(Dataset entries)
►

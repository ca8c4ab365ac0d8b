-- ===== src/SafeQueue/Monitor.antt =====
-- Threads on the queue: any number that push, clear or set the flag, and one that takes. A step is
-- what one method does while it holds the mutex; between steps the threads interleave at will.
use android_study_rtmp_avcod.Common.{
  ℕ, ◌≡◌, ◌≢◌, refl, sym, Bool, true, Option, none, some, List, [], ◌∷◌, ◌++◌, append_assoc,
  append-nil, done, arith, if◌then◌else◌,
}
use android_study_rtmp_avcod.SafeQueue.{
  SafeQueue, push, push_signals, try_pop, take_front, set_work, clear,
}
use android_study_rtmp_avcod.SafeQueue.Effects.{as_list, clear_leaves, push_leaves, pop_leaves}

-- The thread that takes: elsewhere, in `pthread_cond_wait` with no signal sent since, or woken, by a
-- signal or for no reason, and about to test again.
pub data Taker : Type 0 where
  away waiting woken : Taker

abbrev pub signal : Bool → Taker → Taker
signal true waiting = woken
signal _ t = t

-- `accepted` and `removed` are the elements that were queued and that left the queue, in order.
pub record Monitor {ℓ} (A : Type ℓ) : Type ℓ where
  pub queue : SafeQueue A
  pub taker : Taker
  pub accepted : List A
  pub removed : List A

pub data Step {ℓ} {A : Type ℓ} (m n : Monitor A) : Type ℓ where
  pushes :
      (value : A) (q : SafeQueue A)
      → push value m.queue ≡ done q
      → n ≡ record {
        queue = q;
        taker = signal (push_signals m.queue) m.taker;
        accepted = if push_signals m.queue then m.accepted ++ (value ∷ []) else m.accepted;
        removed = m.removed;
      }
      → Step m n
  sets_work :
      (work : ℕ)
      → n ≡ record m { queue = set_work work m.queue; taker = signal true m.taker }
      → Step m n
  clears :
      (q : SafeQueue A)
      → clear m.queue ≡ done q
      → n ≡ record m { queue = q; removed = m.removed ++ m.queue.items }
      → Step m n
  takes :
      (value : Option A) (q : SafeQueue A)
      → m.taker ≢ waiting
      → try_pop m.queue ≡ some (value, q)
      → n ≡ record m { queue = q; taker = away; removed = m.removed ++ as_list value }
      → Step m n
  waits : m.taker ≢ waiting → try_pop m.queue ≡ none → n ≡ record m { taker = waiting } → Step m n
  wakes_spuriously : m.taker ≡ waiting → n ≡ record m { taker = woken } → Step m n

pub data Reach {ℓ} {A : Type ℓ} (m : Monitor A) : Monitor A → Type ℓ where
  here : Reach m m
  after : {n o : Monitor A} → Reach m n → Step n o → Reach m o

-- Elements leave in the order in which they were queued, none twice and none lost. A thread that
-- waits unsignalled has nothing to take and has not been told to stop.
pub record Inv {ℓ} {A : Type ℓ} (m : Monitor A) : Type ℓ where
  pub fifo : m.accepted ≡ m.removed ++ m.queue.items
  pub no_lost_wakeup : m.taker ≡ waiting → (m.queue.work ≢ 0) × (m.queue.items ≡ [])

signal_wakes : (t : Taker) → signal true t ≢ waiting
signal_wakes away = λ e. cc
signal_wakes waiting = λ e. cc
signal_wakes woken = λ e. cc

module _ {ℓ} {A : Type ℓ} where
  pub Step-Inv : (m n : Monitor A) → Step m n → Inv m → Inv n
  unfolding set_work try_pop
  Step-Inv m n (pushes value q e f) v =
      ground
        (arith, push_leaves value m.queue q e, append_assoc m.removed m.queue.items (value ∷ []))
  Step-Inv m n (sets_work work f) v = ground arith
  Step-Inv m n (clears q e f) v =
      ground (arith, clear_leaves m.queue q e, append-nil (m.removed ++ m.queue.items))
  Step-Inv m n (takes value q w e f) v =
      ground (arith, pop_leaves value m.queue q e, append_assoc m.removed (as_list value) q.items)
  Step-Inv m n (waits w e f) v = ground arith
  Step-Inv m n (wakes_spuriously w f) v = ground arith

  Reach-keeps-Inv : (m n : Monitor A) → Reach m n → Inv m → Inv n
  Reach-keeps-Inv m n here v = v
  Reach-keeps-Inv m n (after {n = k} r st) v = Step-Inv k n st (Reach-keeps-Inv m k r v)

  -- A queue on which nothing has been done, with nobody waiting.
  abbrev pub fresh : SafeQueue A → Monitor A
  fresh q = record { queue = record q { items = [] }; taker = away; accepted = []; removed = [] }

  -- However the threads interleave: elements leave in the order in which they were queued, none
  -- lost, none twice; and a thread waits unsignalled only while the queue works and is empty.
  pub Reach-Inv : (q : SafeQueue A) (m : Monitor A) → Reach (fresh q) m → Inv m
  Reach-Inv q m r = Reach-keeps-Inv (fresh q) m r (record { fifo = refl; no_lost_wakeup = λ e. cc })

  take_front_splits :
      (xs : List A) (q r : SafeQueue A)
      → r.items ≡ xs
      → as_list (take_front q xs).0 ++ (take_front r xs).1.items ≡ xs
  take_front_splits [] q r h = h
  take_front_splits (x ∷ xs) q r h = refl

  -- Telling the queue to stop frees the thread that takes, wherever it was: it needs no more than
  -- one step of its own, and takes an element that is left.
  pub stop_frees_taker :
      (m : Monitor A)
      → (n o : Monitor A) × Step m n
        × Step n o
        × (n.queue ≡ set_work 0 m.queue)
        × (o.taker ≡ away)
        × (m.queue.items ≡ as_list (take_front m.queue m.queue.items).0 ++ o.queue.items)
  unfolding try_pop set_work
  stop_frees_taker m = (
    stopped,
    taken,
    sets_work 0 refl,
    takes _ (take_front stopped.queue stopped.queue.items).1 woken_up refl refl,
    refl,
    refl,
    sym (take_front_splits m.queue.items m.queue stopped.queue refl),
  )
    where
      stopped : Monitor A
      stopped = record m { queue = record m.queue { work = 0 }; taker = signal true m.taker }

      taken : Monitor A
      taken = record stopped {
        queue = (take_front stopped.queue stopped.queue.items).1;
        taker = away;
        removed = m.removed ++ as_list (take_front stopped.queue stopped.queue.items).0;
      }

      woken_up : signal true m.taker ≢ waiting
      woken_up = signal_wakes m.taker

◄

## Problem to solve:
Look through the records above and please copy every line in which the string "Bool" occurs.

## Finished exercise:
  ℕ, ◌≡◌, ◌≢◌, refl, sym, Bool, true, Option, none, some, List, [], ◌∷◌, ◌++◌, append_assoc,
abbrev pub signal : Bool → Taker → Taker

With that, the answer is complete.